> Exercise
Beneath this line is the data. Output exactly the lines from the line with "else (s, some not_owned)" to the line with "unfolding add_ack_with_grant", both ends included, and nothing more.

> Exercise materials
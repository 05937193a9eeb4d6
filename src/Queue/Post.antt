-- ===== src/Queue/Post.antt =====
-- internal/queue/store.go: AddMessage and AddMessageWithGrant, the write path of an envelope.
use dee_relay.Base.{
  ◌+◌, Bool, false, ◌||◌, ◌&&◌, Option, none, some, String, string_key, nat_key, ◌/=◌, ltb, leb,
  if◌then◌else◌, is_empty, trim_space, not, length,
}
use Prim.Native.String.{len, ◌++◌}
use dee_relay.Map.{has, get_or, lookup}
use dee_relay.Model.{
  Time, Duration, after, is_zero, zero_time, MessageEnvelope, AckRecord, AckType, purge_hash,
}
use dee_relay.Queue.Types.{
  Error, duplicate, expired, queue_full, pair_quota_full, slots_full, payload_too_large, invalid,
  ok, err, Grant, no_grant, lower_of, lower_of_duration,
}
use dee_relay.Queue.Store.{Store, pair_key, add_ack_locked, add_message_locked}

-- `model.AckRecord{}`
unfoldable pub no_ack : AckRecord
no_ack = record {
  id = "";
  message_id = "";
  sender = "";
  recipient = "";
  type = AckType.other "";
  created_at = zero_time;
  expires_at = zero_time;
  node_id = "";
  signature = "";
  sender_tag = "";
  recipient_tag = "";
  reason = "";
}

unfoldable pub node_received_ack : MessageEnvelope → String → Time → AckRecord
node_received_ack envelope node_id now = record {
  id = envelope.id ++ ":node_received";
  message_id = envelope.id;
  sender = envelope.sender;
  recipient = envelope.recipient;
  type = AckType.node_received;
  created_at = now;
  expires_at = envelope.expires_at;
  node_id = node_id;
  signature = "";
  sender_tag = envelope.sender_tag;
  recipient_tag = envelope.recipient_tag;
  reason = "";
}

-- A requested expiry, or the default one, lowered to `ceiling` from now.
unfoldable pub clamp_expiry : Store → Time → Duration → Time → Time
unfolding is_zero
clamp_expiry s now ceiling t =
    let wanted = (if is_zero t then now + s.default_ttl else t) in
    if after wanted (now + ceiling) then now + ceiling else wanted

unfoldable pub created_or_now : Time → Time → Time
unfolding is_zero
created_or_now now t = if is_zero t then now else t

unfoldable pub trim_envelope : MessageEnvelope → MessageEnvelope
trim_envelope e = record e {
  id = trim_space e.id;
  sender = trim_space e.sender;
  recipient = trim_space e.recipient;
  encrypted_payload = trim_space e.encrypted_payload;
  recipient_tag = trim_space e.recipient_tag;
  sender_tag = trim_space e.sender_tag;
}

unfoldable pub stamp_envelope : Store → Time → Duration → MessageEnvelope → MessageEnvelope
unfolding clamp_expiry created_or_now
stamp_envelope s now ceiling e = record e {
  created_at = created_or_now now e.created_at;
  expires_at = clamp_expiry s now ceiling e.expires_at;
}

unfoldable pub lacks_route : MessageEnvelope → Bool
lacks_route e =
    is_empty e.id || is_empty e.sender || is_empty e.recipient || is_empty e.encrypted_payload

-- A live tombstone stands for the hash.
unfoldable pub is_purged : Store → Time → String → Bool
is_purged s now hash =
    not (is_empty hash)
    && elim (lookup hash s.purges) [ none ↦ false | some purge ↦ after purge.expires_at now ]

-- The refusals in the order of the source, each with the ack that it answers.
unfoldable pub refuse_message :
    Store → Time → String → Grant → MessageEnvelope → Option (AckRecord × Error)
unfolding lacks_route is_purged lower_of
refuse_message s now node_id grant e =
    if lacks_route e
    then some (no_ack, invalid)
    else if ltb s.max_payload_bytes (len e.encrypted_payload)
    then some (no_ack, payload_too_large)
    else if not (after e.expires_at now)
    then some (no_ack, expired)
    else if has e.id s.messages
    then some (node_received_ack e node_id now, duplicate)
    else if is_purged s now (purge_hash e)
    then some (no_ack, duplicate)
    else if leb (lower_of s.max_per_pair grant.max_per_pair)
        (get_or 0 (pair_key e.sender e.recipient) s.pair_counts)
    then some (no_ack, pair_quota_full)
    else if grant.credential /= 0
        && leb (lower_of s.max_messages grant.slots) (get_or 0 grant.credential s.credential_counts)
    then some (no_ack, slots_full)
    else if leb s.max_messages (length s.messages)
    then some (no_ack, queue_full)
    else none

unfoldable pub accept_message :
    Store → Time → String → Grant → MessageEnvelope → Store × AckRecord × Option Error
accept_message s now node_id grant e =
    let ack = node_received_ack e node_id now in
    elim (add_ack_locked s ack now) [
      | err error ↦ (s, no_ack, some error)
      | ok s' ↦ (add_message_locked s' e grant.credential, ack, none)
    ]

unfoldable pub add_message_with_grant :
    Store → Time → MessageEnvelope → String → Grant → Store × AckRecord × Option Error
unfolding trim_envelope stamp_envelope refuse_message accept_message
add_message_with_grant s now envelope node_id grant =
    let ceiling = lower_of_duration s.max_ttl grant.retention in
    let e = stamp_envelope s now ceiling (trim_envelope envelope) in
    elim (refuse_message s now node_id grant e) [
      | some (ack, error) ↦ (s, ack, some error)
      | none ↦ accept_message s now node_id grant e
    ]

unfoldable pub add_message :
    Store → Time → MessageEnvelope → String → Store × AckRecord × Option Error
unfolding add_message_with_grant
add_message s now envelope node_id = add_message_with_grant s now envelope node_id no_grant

* * *

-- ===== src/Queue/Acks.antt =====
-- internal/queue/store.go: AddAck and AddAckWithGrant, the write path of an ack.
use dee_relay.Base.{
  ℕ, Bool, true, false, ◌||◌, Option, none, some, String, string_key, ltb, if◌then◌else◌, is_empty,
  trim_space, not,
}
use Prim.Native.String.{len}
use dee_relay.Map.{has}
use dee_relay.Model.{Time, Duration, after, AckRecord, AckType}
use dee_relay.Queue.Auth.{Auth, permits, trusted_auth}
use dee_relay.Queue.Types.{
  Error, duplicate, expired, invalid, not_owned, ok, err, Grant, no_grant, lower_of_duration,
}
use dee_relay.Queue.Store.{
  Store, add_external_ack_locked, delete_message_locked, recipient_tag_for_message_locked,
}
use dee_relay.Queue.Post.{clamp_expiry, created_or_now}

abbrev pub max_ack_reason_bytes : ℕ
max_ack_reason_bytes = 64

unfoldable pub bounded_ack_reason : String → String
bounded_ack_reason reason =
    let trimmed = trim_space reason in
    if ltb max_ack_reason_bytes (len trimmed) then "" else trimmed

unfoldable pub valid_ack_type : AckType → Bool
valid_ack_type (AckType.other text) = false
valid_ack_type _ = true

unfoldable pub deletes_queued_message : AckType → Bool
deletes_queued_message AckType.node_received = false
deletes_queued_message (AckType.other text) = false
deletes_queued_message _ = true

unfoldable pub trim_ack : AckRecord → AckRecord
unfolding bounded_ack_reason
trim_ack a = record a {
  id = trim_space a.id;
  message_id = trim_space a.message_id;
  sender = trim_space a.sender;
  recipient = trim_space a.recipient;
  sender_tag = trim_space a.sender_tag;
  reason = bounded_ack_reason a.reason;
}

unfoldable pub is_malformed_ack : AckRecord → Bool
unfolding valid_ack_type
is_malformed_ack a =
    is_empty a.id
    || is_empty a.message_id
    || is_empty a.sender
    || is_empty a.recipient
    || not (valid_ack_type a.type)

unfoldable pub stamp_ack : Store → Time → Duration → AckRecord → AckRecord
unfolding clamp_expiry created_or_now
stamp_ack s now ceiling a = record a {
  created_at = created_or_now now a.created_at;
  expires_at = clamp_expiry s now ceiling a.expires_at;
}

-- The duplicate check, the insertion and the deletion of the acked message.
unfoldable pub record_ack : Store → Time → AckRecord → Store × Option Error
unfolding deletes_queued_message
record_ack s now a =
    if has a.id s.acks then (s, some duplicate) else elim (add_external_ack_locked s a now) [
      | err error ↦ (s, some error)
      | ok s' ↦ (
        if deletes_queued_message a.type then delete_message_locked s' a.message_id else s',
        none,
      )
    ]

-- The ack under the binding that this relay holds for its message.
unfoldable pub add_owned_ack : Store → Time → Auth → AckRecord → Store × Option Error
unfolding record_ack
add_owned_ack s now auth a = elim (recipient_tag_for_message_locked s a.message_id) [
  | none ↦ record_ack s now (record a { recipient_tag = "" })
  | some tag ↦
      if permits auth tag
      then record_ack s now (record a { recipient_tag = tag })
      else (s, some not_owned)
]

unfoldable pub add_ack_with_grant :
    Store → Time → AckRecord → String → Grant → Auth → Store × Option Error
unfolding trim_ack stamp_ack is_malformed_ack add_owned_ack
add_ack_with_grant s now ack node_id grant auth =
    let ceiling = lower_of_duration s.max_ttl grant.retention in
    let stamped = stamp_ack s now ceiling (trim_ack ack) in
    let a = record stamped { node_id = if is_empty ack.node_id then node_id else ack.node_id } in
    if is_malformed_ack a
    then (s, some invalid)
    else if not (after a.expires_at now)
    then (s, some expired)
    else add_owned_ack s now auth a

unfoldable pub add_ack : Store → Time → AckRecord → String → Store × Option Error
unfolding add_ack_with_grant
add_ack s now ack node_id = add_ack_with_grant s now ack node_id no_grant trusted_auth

...

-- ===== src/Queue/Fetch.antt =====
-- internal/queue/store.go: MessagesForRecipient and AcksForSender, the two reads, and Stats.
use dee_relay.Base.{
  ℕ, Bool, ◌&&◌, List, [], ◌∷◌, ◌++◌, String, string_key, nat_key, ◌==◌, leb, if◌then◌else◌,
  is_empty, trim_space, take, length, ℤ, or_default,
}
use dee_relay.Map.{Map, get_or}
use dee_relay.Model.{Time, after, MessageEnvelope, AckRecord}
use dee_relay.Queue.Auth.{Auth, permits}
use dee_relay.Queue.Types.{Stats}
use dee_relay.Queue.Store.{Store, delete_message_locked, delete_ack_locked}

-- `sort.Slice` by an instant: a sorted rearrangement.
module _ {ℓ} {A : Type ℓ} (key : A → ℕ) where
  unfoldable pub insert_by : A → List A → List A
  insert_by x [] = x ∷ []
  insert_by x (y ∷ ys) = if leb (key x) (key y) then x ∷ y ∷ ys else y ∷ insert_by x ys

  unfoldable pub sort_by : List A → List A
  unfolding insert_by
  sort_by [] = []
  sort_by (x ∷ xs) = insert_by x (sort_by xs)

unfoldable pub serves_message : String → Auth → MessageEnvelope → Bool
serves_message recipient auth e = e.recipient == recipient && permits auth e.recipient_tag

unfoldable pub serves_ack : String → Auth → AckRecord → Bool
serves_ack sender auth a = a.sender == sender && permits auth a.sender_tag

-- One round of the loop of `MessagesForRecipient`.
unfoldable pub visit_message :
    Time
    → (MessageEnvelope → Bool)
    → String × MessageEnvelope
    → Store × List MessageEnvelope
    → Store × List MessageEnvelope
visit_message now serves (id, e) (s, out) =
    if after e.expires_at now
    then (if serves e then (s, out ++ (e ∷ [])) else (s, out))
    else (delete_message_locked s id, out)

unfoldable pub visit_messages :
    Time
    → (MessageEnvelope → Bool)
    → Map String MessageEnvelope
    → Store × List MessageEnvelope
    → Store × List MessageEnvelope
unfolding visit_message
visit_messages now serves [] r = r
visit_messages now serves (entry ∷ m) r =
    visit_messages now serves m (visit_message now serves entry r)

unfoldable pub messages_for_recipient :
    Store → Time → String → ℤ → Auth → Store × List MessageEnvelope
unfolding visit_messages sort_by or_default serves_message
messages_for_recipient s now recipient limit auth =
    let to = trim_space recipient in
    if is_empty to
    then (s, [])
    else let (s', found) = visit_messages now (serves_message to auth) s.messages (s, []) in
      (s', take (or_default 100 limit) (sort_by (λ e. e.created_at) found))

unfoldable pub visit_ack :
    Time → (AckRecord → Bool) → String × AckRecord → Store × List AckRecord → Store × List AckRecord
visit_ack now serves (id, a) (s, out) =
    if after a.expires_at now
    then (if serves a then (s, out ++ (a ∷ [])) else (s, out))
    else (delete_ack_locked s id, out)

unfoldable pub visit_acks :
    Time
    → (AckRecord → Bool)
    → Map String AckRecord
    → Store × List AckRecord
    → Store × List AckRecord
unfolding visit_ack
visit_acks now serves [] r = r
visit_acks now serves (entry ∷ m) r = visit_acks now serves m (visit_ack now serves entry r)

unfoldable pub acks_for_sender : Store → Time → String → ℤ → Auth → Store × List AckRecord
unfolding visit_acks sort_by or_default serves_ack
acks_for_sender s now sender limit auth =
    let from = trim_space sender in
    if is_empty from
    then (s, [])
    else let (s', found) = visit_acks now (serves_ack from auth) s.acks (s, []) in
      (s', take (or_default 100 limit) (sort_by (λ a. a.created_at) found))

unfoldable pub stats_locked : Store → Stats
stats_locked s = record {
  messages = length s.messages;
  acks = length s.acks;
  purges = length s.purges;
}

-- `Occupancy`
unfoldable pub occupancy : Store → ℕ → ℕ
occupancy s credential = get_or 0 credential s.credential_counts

> Reply to the task
      else (s, some not_owned)
]

unfoldable pub add_ack_with_grant :
    Store → Time → AckRecord → String → Grant → Auth → Store × Option Error
unfolding trim_ack stamp_ack is_malformed_ack add_owned_ack
add_ack_with_grant s now ack node_id grant auth =
    let ceiling = lower_of_duration s.max_ttl grant.retention in
    let stamped = stamp_ack s now ceiling (trim_ack ack) in
    let a = record stamped { node_id = if is_empty ack.node_id then node_id else ack.node_id } in
    if is_malformed_ack a
    then (s, some invalid)
    else if not (after a.expires_at now)
    then (s, some expired)
    else add_owned_ack s now auth a

unfoldable pub add_ack : Store → Time → AckRecord → String → Store × Option Error
unfolding add_ack_with_grant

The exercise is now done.